I saw the movie Irreversible recently. It’s one of those movies that is REALLY tough to watch, but is a brilliant piece of cinema. What sets it apart is not the story it tells, but how it tells it. It’s a simple plot about an average night out, a horrifying attack and brutal revenge. And the entire story is told in reverse. I will leave it to Roger Ebert to explain in more detail why this is so incredibly effective (see his review). What struck me, besides being simply riveted by this astonishing piece of film, is that it reminds me that the art of storytelling has less to do with the stories you tell and more to do with how you tell them.

Roger Ebert himself ascribes to this philosophy, which may be why he’s my favorite critic.
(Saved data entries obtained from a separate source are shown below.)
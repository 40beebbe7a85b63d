-- ===== src/Text/Slice.antt =====
-- o9_string_slice and o9_string_trim.
use objective_9c.Prelude.{
  ℕ, zero, suc, ◌+◌, ◌-◌, ◌^◌, ◌≤◌, ◌<◌, min, ◌≡◌, refl, sym, ap, ◌∙◌, inl, inr, [], ◌∷◌, some,
  none, true, false, ◌&&◌, ltb, leb, arith, tests, Bytes, length, take, drop, get_or, Bool-cases,
  take_all, length-drop, ℕ_discrete,
}
use objective_9c.Prelude.Int.{ℤ, pos}
use objective_9c.Text.{block, at_least_zero, sum_exceeds, slice, is_space, lead, trail, trim}

drop-min : (n : ℕ) (s : Bytes) → drop (min n (length s)) s ≡ drop n s
drop-min n s = elim (Bool-cases (leb n (length s))) [
  | inl small ↦ let e : min n (length s) ≡ n = ground arith in rw e refl
  | inr big ↦
      let e : min n (length s) ≡ length s = ground arith in
      rw (e, drop_all n s (ground arith), drop_all (length s) s (omega arith)) refl
]
  where
    drop_all : (n : ℕ) (s : Bytes) → length s ≤ n → drop n s ≡ []
    drop_all zero [] h = refl
    drop_all zero (c ∷ s) h = absurd (omega arith)
    drop_all (suc n) [] h = refl
    drop_all (suc n) (c ∷ s) h = drop_all n s (omega arith)

-- Unless the sum of the two numbers, each at least 0, reaches 2 ^ 63, `o9_string_slice` makes the
-- text of at most `count` bytes behind the first `start`, and never reads out of the old text.
pub slice_lem :
    (s : Bytes) (start count : ℤ)
    → at_least_zero start + at_least_zero count < 2 ^ 63
    → slice s start count ≡ some (take (at_least_zero count) (drop (at_least_zero start) s))
unfolding slice sum_exceeds
slice_lem s start count h =
    let a = at_least_zero start in
    let c = at_least_zero count in
    let m = min a (length s) in
    let no_wrap : ltb (m + c) (2 ^ 63) ≡ true = ground arith in
    elim (Bool-cases (ltb (length s) (m + c))) [
      | inl over ↦
          let fits : leb (m + (length s - m)) (length s) ≡ true = ground arith in
          let size = length-drop m s in
          let all = take_all (length s - m) (drop m s) (omega (arith, size)) in
          let all' = take_all c (drop m s) (omega (tests, size, over)) in
          rw (no_wrap, over, fits) (ap some (all ∙ sym all' ∙ ap (take c) (drop-min a s)))
      | inr under ↦
          let fits : leb (m + c) (length s) ≡ true = ground arith in
          rw (no_wrap, under, fits) (ap some (ap (take c) (drop-min a s)))
    ]

-- With a start inside the text and a count that makes the sum of the two reach 2 ^ 63,
-- `o9_string_slice` asks for more bytes than the text has.
pub slice-wraps :
    (s : Bytes) (start count : ℕ)
    → start ≤ length s
    → length s < 2 ^ 63
    → 2 ^ 63 ≤ start + count
    → slice s (pos start) (pos count) ≡ none
unfolding slice sum_exceeds at_least_zero
slice-wraps s start count h k o =
    let m : min start (length s) ≡ start = omega arith in
    let wrap : ltb (start + count) (2 ^ 63) ≡ false = ground arith in
    let out : leb (start + count) (length s) ≡ false = ground arith in rw (m, wrap, out) refl

-- the place of the trimmed text: white space before `a` and from `b` on, and none at its two ends
abbrev pub Trimmed : Bytes → ℕ → ℕ → Type 0
Trimmed s a b =
    (a ≤ b)
    × (b ≤ length s)
    × ((j : ℕ) → j < a → is_space (get_or s j 0) ≡ true)
    × ((j : ℕ) → b ≤ j → j < length s → is_space (get_or s j 0) ≡ true)
    × (a < b → (is_space (get_or s a 0) ≡ false) × (is_space (get_or s (b - 1) 0) ≡ false))

shift_spaces :
    (c : ℕ) (s : Bytes)
    → is_space c ≡ true
    → ((j : ℕ) → j < lead s → is_space (get_or s j 0) ≡ true)
    → (j : ℕ) → j < suc (lead s)
    → is_space (get_or (c ∷ s) j 0) ≡ true
shift_spaces c s space before zero h = space
shift_spaces c s space before (suc j) h = before j (omega arith)

lead_lem :
    (s : Bytes)
    → (lead s ≤ length s)
      × ((j : ℕ) → j < lead s → is_space (get_or s j 0) ≡ true)
      × (lead s < length s → is_space (get_or s (lead s) 0) ≡ false)
unfolding lead
lead_lem [] = (omega arith, λ j h. elim h [ ], λ h. elim h [ ])
lead_lem (c ∷ s) =
    let (bound, before, stop) = lead_lem s in
    elim (Bool-cases (is_space c)) [
      | inl space ↦ rw space (omega arith, shift_spaces c s space before, λ h. stop (omega arith))
      | inr other ↦ rw other (omega arith, (λ j h. elim h [ ]), λ h. other)
    ]

extend :
    (s : Bytes) (low b : ℕ)
    → ((j : ℕ) → low ≤ j → j < b → is_space (get_or s j 0) ≡ true)
    → is_space (get_or s b 0) ≡ true
    → (j : ℕ) → low ≤ j
    → j < suc b
    → is_space (get_or s j 0) ≡ true
extend s low b behind last j k l = elim (ℕ_discrete j b) [
  | yes e ↦ rw e last
  | no ne ↦ behind j k (omega arith)
]

trail_lem :
    (s : Bytes) (a b : ℕ)
    → a ≤ b
    → (a ≤ trail s a b)
      × (trail s a b ≤ b)
      × ((j : ℕ) → trail s a b ≤ j → j < b → is_space (get_or s j 0) ≡ true)
      × (a < trail s a b → is_space (get_or s (trail s a b - 1) 0) ≡ false)
unfolding trail
trail_lem s a zero h = (h, omega arith, (λ j k l. elim l [ ]), λ k. absurd (omega arith))
trail_lem s a (suc b) h = elim (Bool-cases (ltb a (suc b) && is_space (get_or s b 0))) [
  | inl more ↦
      let (low, high, behind, stop) = trail_lem s a b (ground arith) in
      rw more
        (low, omega arith, (λ j k l. extend s (trail s a b) b behind (ground arith) j k l), stop)
  | inr done ↦ rw done (h, omega arith, (λ j k l. absurd (omega arith)), λ k. ground arith)
]

-- `o9_string_trim` cuts the white space at both ends and nothing else.
pub trim_lem : (s : Bytes) → (a : ℕ) × (b : ℕ) × Trimmed s a b × (trim s ≡ block s a (b - a))
unfolding trim
trim_lem s =
    let (bound, before, stop) = lead_lem s in
    let (low, high, behind, end) = trail_lem s (lead s) (length s) bound in
    (
      lead s,
      trail s (lead s) (length s),
      (low, high, before, behind, λ h. (stop (omega arith), end h)),
      refl,
    )
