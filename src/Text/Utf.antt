-- ===== src/Text/Utf.antt =====
-- o9_str_chr encodes in UTF-8.
use objective_9c.Prelude.{
  ℕ, ◌+◌, ◌-◌, ◌*◌, ◌≤◌, ◌≡◌, refl, [], ◌∷◌, Option, some, none, ltb, leb, Bool, ◌&&◌,
  if◌then◌else◌, arith, Bytes, length,
}
use objective_9c.Prelude.Int.{ℤ, pos, negsuc}
use objective_9c.Text.{code_point, encode, str_chr}

abbrev is_tail : ℕ → Bool
is_tail b = leb 0x80 b && ltb b 0xC0

abbrev within : ℕ → ℕ → ℕ → Option ℕ
within low high n = if leb low n && leb n high then some n else none

-- UTF-8 as its tables define it, surrogates included: the code point of a text that is one character
-- in its shortest form
abbrev pub decode : Bytes → Option ℕ
decode (a ∷ []) = within 0 0x7F a
decode (a ∷ b ∷ []) =
    if leb 0xC0 a && ltb a 0xE0 && is_tail b
    then within 0x80 0x7FF ((a - 0xC0) * 64 + (b - 0x80))
    else none
decode (a ∷ b ∷ c ∷ []) =
    if leb 0xE0 a && ltb a 0xF0 && (is_tail b && is_tail c)
    then within 0x800 0xFFFF ((a - 0xE0) * 4096 + (b - 0x80) * 64 + (c - 0x80))
    else none
decode (a ∷ b ∷ c ∷ d ∷ []) =
    if leb 0xF0 a && ltb a 0xF8 && (is_tail b && (is_tail c && is_tail d))
    then within 0x10000 0x10FFFF
        ((a - 0xF0) * 262144 + (b - 0x80) * 4096 + (c - 0x80) * 64 + (d - 0x80))
    else none
decode s = none

-- the code point that a number stands for: itself from 0 to 0x10FFFF, else U+FFFD
abbrev pub scalar : ℤ → ℕ
scalar (pos n) = if leb n 0x10FFFF then n else 0xFFFD
scalar (negsuc n) = 0xFFFD

-- `o9_str_chr` of a number from 0 to 0x10FFFF is the shortest form of this code point in UTF-8, and
-- of any other number that of U+FFFD.
pub decode-str_chr : (c : ℤ) → decode (str_chr c) ≡ some (scalar c)
unfolding str_chr encode code_point
decode-str_chr (negsuc n) = refl
decode-str_chr (pos c) = ground arith

-- The length of the encoding, and its bytes are bytes.
pub encode_size : (c : ℤ) → (1 ≤ length (str_chr c)) × (length (str_chr c) ≤ 4)
unfolding str_chr encode code_point
encode_size (negsuc n) = omega arith
encode_size (pos c) = ground arith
One of his “Laws” for movie criticism is “It’s not what a movie’s about, it’s HOW it’s about it.” This is true for any form of storytelling. The same jokes have been making the rounds since the Sumerians discovered irony. The same melodies have been getting rearranged since the Gregorians first started chanting. And we’ve all been watching the same sitcom plot over and over since Gracie Allen first said “Goodnight Gracie.”

This is not bad or surprising news. There are only 26 letters in the alphabet, only 12 musical notes, and the human body only bends so many ways. But dance, music and story live on. Because we don’t have to constantly re-invent the wheel. We just have to find a new way to roll it.